Depuis des générations, le tissage artisanal constitue une activité indissociable de la vie matérielle et spirituelle des Ê Đê. Dans les longues maisons traditionnelles des villages, l’image de femmes concentrées à leur métier à tisser fait partie intégrante du paysage culturel. Ces brocatelles, aux motifs singuliers et aux couleurs symboliques, incarnent l’âme d’un peuple enraciné dans la forêt et la montagne.
Une expression du matriarcat et de la créativité féminine
Le tissage chez les Ê Đê porte l’empreinte de leur société matriarcale. Chaque pièce, fruit du travail minutieux des femmes, témoigne de leur habileté et de leur sens artistique. Les motifs ornant les étoffes sont inspirés du quotidien : fleurs, plantes, animaux de la forêt comme la libellule, la tortue ou le lézard... Tous traduisent un profond respect de la nature et une conception du monde marquée par la spiritualité et l’harmonie.
Selon H’Yam Bkrông, présidente de la coopérative de tissage de brocatelle Tong Bong (commune d’Ea Kao, ville de Buon Ma Thuot, province de Dak Lak), chaque ornement sur les tissus raconte une histoire. Ces formes géométriques, lignes sinueuses ou motifs stylisés sont bien plus que décoratifs : ils sont porteurs de sens, reflets d’un imaginaire collectif transmis de mère en fille.

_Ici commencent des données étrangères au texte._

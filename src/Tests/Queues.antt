-- ===== src/Tests/Queues.antt =====
-- Examples for the packet queue of src/cw/conn_q_*.c: a ring of two slots that is filled, and a
-- packet that is being read.
use actube.Base.{
  ℕ, ◌≡◌, refl, arith, Mem, true, false, Option, none, some, List, [], ◌∷◌, ◌++◌, ◌<◌, pos,
}
use actube.Conn.Queue.{Queue, Buffered, Reader, create, add_packet, recv_packet, refill}
use actube.Conn.Queue.Refine.{run, spec_run}
use actube.Conn.Queue.Started.{adds, run_created}
use actube.Conn.Queue.Peek.{recv-peek, recv_twice}
use actube.Conn.Queue.Unread.{add_all, unread_overwrites}

abbrev calls : List (Option ℕ)
calls = some 9 ∷ none ∷ some 8 ∷ some 7 ∷ some 6 ∷ none ∷ none ∷ none ∷ none ∷ []

abbrev no_slots : ℕ → Option ℕ
no_slots i = none

abbrev two_packets : List ℕ
two_packets = 5 ∷ 6 ∷ []

run_created_example :
    run (create no_slots 2) (adds two_packets ++ none ∷ calls) ≡ some 5 ∷ spec_run 1 (6 ∷ []) calls
run_created_example = run_created no_slots 2 5 (6 ∷ []) calls (omega arith)

unread_overwrites_example :
    ((add_all (create no_slots 2) two_packets).slots 0 ≡ some 5)
    × ((add_packet (add_all (create no_slots 2) two_packets) (some 7)).slots 0 ≡ some 7)
    × ((add_packet (add_all (create no_slots 2) two_packets) (some 7)).sem ≡ 3)
unread_overwrites_example = unread_overwrites no_slots 2 5 (6 ∷ []) 7 refl

abbrev contents : Mem
contents i = i

abbrev nothing_queued : Queue Buffered
nothing_queued = record { slots = λ i. none; qsize = 4; qrpos = pos 0; qwpos = 1; sem = 0 }

abbrev reader : Reader
reader = record {
  queue = nothing_queued;
  cur_packet = some contents;
  cur_packet_len = 10;
  cur_packet_pos = 4;
}

reader_current : (refill reader).cur_packet ≡ some contents
unfolding refill
reader_current = refl

reader_left : 3 < (refill reader).cur_packet_len
unfolding refill
reader_left = omega arith

recv-peek_example :
    (recv_packet (recv_packet reader 8 true).0 20 false ≡ recv_packet reader 20 false)
    × ((recv_packet reader 8 true).1 ≡ (recv_packet reader 8 false).1)
recv-peek_example = recv-peek reader contents 8 20 reader_current

recv_twice_example :
    (xs : List ℕ) × (ys : List ℕ) × ((recv_packet reader 3 false).1 ≡ some xs)
    × ((recv_packet (recv_packet reader 3 false).0 5 false).1 ≡ some ys)
    × ((recv_packet reader 8 false).1 ≡ some (xs ++ ys))
recv_twice_example = recv_twice reader contents 3 5 reader_current reader_left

Le métier à tisser utilisé est un métier à ceinture dorsale, technique ancestrale basée sur l'entrelacement de fils tendus à la main. Avant même de commencer le tissage, l’artisane conçoit la composition du tissu : nombre de fils longitudinaux et transversaux, position des motifs, alternance des couleurs... Chaque étape exige précision et anticipation.
Les bandes ornementales, qui occupent entre un quart et un tiers de la surface du tissu, sont disposées le long de la trame. On y trouve également des lignes parallèles, droites ou en zigzag, ajoutant à la richesse visuelle de l’étoffe. La répartition des motifs varie selon le genre, l’usage quotidien ou cérémoniel, et parfois même selon le statut social. Plus les motifs sont complexes et les matières précieuses, plus ils révèlent le prestige de la personne qui les porte.
Un artisanat en renouveau, entre tradition et modernité
Parmi les techniques les plus raffinées figure le Kteh, qui consiste à combiner des fils de couleur avec des perles ou graines pour créer des motifs densément agencés, souvent sur les bords de vêtements, comme les ourlets ou ceintures. Ce procédé, particulièrement long et minutieux, était autrefois réservé aux familles aisées ou aux vêtements rituels.
La confection d’un vêtement complet – jupe, tunique ou couverture – peut ainsi prendre de trois à quatre mois, voire davantage selon la complexité des dessins. Certains ouvrages d’exception servaient autrefois de monnaie d’échange, à la valeur équivalente à celle d’un porc, voire d’un buffle.
Grâce aux politiques de soutien culturel et au regain d’intérêt pour les savoir-faire traditionnels, l’art du tissage chez les Ê Đê connaît aujourd’hui un nouvel élan. Les modèles et les coloris évoluent pour répondre aux goûts contemporains, tout en conservant l’identité propre à ce patrimoine.
Malgré l’essor de l’industrie textile moderne, la jeunesse Ê Đê, fière de ses origines, joue un rôle essentiel dans la transmission et la revitalisation de cet artisanat. À travers leurs mains et leur créativité, le tissage de brocatelle continue de raconter l’histoire d’un peuple, entre mémoire et avenir.